あおいぽりばけつ
あんなにも、泣いたのに気が付けば空腹。手を合わせて「いただきます」と声を上げて箸を取る。
温かな汁椀を手で包みじんわりと温もりを貰う。

「明日は予定立てずにゆっくりしようか思うんよね。チェックアウトが昼前やから、目覚ましかけんと寝れる」

魚の骨を丁寧に取り除きながらそう話す高柳さん。その姿を眺めながらサラダを手元に引き寄せて沈黙。こんなにもたくさんの料理が並んでいるのに、箸が重たい。

「今日は楽しかったです」

「無理しなくていいんよ」

私の言葉が終わる前に、遮られた。

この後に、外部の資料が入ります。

-- ===== src/Demo/App/Examples.antt =====
-- The theorems on main.rs and store.rs of the demo at a small node.
use presidium.Base.{
  arith, ℕ, ◌≡◌, refl, true, false, some, none, ok, err, [], ◌∷◌, replicate, if◌then◌else◌, ◌==◌,
}
use mathlib.Core.Option.{map as map_option}
use presidium.Crypto.Constants.{Bytes}
use presidium.Crypto.Samples.{sample, sum}
use presidium.Crypto.Samples.Schemes.{sample_signatures, sample_kem}
use presidium.Crypto.Samples.Texts.{header_json, signature_json, message_json}
use presidium.Crypto.Samples.Prekeys.{prekey_json}
use presidium.Crypto.Primitives.{Json}
use presidium.Crypto.Ratchet.{DoubleRatchet}
use presidium.Crypto.Identity.{
  IdentityKeyPair, PreKeyBundle, public, generate_identity, verify_hybrid,
}
use presidium.Network.Messages.{NetworkEnvelope, NetworkResponse}
use presidium.Network.Topics.{Hex}
use presidium.Network.Node.{direct_message, direct_delivered}
use presidium.Storage.Samples.{
  keys_json, ratchet_json, keys_json-JsonLaws, ratchet_json-JsonLaws, keys_json-TextLaws,
  ratchet_json-TextLaws,
}
use presidium.Storage.Sql.{integer_key, find}
use presidium.Storage.Store.{save_identity, load_identity}
use presidium.Storage.Tables.{Database, empty_database, MessageRow}
use presidium.Demo.Envelopes.{Hash, bail, kind_direct, verify_envelope, parse_header, signed_bytes}
use presidium.Crypto.Ratchet.{find_skipped, message_nonce}
use presidium.Crypto.Ratchet.Messages.{decrypt, open_message}
use presidium.Demo.Session.{open_payload, advance_ratchet}
use presidium.Demo.Session.{ChatSession, chat_decrypt}
use presidium.Demo.Group.{GroupKeyDistribution, new_group}
use presidium.Demo.NodeStore.{IdentityDraws, load_or_create_identity, persist, resume}
use presidium.Demo.NodeStore.Restart.{load_or_create_identity_again, resume-persist}
use presidium.Demo.App.{App, Fresh, Utf8}
use presidium.Demo.App.Direct.{message_id_bytes, on_chat}
use presidium.Demo.App.Events.{node_event, handle_event, run_app}
use presidium.Demo.App.Routing.{bundle_request_ends_initiator, delivery_settles_last_message}
use presidium.Demo.App.Persisted.{on_chat_persists}

instance abbrev hash : Hash
hash = record { sha256 = λ bytes. sum bytes ∷ [] }

instance abbrev utf8 : Utf8
utf8 = record { is_utf8 = λ bytes. true }

instance abbrev hex : Hex
hex = record { hex_encode = λ bytes. bytes }

-- Bundles and group keys are not read in these examples.
instance abbrev bundle_json : Json PreKeyBundle
bundle_json = record { to_vec = λ bundle. err "no bundle"; from_slice = λ bytes. err "no bundle" }

instance abbrev group_json : Json GroupKeyDistribution
group_json = record { to_vec = λ keys. err "no keys"; from_slice = λ bytes. err "no keys" }

abbrev draws : IdentityDraws
draws = record {
  classical_seed = replicate 32 7;
  pq_seed = replicate 32 8;
  device_bytes = 1 ∷ 2 ∷ [];
  now = 1700;
}

abbrev identity : IdentityKeyPair
identity = record { classical = replicate 32 7; pq = record { key = replicate 32 8 } }

load_or_create_identity_again_example :
    load_or_create_identity
      (record draws { device_bytes = 9 ∷ [] })
      (load_or_create_identity draws empty_database).0
    ≡ ((load_or_create_identity draws empty_database).0, ok (identity, 1 ∷ 2 ∷ []))
unfolding load_or_create_identity load_identity save_identity generate_identity
load_or_create_identity_again_example =
    load_or_create_identity_again draws (record draws { device_bytes = 9 ∷ [] }) empty_database
      identity (1 ∷ 2 ∷ []) (refl, refl) refl

-- A session that has stored the key of the message with number 1.
abbrev ratchet : Bytes → DoubleRatchet
ratchet key = record {
  root_key = record { key = 66 ∷ [] };
  sending_chain = record {
    our_ratchet_key = some (5 ∷ []);
    their_ratchet_public = some (9 ∷ []);
    chain_key = none;
    skipped_message_keys = [];
  };
  receiving_chain = record {
    our_ratchet_key = none;
    their_ratchet_public = some (9 ∷ []);
    chain_key = some (record { key = 4 ∷ []; index = 2 });
    skipped_message_keys = (1, key) ∷ [];
  };
  session_id = "presidium-session";
  associated_data = [];
}

abbrev session : ChatSession
session = record {
  conversation_id = 97 ∷ [];
  peer_identity = public identity;
  is_initiator = true;
  ratchet = ratchet (replicate 32 3);
  session_keys = record {
    is_initiator = true;
    root_key = 66 ∷ [];
    sending_chain = [];
    receiving_chain = [];
    peer_identity = public identity;
    message_count = 0;
  };
}

abbrev message : ℕ → MessageRow
message id = record {
  id = id;
  conversation_id = 97 ∷ [];
  message_id = id ∷ [];
  sender_classical = replicate 32 7;
  ciphertext = 7 ∷ [];
  header = 123 ∷ 125 ∷ [];
  content_type = 0;
  direction = 1;
  status = 1;
  created_at = 1700;
}

-- A conversation and the messages with the row ids 1 and 2, which were sent.
abbrev with_conversation : Database
with_conversation = record empty_database {
  conversations =
      record {
        id = 97 ∷ [];
        peer_classical = replicate 32 7;
        peer_pq = replicate 32 8;
        is_group = false;
        created_at = 1700;
      }
      ∷ [];
  messages = message 1 ∷ message 2 ∷ [];
  last_message_id = 2;
}

resume-persist_example :
    (db' : Database) × (persist 1700 session with_conversation ≡ ok db')
    × (resume (97 ∷ []) db' ≡ ok (some session))
unfolding public
resume-persist_example =
    resume-persist keys_json-JsonLaws ratchet_json-JsonLaws keys_json-TextLaws ratchet_json-TextLaws
      1700 session with_conversation (refl, refl, refl, refl) refl

abbrev fresh : Fresh
fresh = record {
  now = 1700;
  now_millis = 1700000;
  draws = record { classical_secret = []; pq_seed = none; leg = λ n. [] };
  ratchet_key = [];
  group_key = [];
  message_nonce = 1 ∷ 2 ∷ 3 ∷ 4 ∷ [];
}

abbrev app : App ℕ
app = record {
  db = with_conversation;
  identity = identity;
  device_id = 1 ∷ [];
  node = record { closed = false; messages = [] };
  initiator_peer = 5;
  initiator = none;
  responder = none;
  session = some session;
  group = new_group;
  group_topic = [];
  peer = none;
  last_outgoing = some 1;
}

abbrev envelope : Bytes → Bytes → NetworkEnvelope
envelope payload signature = record {
  kind = kind_direct;
  conversation_id = 97 ∷ [];
  sender_device_id = 1 ∷ [];
  timestamp = 1700;
  encrypted_payload = payload;
  mac = [];
  protocol_version = 1;
  nonce = 1 ∷ 1 ∷ 9 ∷ [];
  signature = signature;
}

bundle_request_ends_initiator_example :
    run_app ((fresh, node_event (direct_message 6 (envelope (0 ∷ 1 ∷ []) []))) ∷ []) (app, false)
    ≡ ((record app { peer = some 6 }, false), err (bail "bundle request on initiator"))
bundle_request_ends_initiator_example =
    bundle_request_ends_initiator fresh 6 (envelope (0 ∷ 1 ∷ []) []) (1 ∷ []) app false [] refl refl

abbrev report : NetworkResponse
report = record { status = 1; ack_id = [] }

abbrev reported : App ℕ
reported = (handle_event fresh (direct_delivered 6 (98 ∷ []) report) false app).0.0

delivery_settles_last_message_example :
    (find MessageRow.id 1 reported.db.messages
      ≡ map_option
          (λ (r : MessageRow). record r { status = if report.status == 1 then 2 else 4 })
          (find MessageRow.id 1 app.db.messages))
    × (find MessageRow.id 2 reported.db.messages ≡ find MessageRow.id 2 app.db.messages)
    × ((handle_event fresh (direct_delivered 5 (97 ∷ []) report) false reported).0.0 ≡ reported)
delivery_settles_last_message_example =
    delivery_settles_last_message fresh fresh 6 5 (98 ∷ []) (97 ∷ []) report report app false 1 2
      refl (λ e. ground (arith, e))

-- The payload is two bytes behind the tag that the stored key gives; the signature is the identity's.
abbrev chat : NetworkEnvelope
chat = envelope (114 ∷ 104 ∷ 105 ∷ []) (1 ∷ 238 ∷ replicate 4627 78)

on_chat_persists_example :
    (app' : App ℕ) × (on_chat fresh chat app ≡ (app', ok tt))
    × (app'.session ≡ some session)
    × (resume (97 ∷ []) app'.db ≡ ok (some session))
unfolding chat_decrypt verify_envelope verify_hybrid parse_header public signed_bytes open_payload
    advance_ratchet decrypt find_skipped open_message message_nonce message_id_bytes
on_chat_persists_example =
    on_chat_persists keys_json-JsonLaws ratchet_json-JsonLaws keys_json-TextLaws
      ratchet_json-TextLaws fresh chat session session (104 ∷ 105 ∷ []) app refl refl refl refl
      (refl, refl, refl, refl) refl refl refl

ぱっと顔を上げればいつもと変わらぬ優しい笑顔の高柳さんが居た。
白米を口に運んで、もそもそと咀嚼してみても味がしない。まるで砂を噛んでいるようだった。楽しい筈の食事が、空気の重たさに負けて辛い。

そんな私を見てか、高柳さんが静かに口を開いた。

「旅行終わったら聞けばいいんか、ずっと聞かんまんま、こんな関係を続けていけばいいんか俺にはわからんから、今聞くわ」

かたりと箸を置いて手繰り寄せたのは煙草。火を付けて立ち上がる高柳さんの背中をじっと見る。

「海で、気持ちの整理してたん?」

直球で投げられる言葉を上手く返せずに黙りを続けていると、カーテンを少しだけ捲り高柳さんが話す。

「……なんとなく、伊織ちゃんがどうするかわかるけん、怖いっちゅうか悲しいっちゅうか……」

肩を竦めておどけた様に話し続ける高柳さんを見て、目頭がじわりじわりと熱くなっていった。ガラス越しにぱちりと目が合って、思わず目を逸らしてしまった。

「待ってても、多分伊織ちゃんは俺ん所には来てくれないんやろうね」

「……高柳さん」

「それでも、言わせて欲しいんやけど聞いてくれる?」

立ち上る紫煙が目に染みたのか、目元を一度軽く抑えた高柳さんが鞄を漁って座布団に座る。

「俺、来年本社に移動になった」

突然の報告ではなかった。社内でそんな噂が流れていたのはもう数ヶ月ほど前からだった。こんな片田舎の支社から本社へと移動、所謂栄転だ。

「お、めでとうございます……」

祝いの言葉を口にすると、高柳さんは手のひらに何かを隠して机に置いた。ふわりと開いた手の中には、きっと指輪の入った小さな箱が此方を見ている。

「誰かをすごく好きになる事も、誰かと一緒にいたいと思う事も、伊織ちゃんが初めてやから……なんて伝えるのが一番なのか分からないから単刀直入に言うな」

すぅ、と息を吸い、吐いて。真っ直ぐに私を見つめて高柳さんが口を開いた。

「一緒に来て欲しい」

曇りのない眼差しはこんなにも優しく心を貫いてしまうのか。
音を立て、目から零れていく涙が全ての答えだった。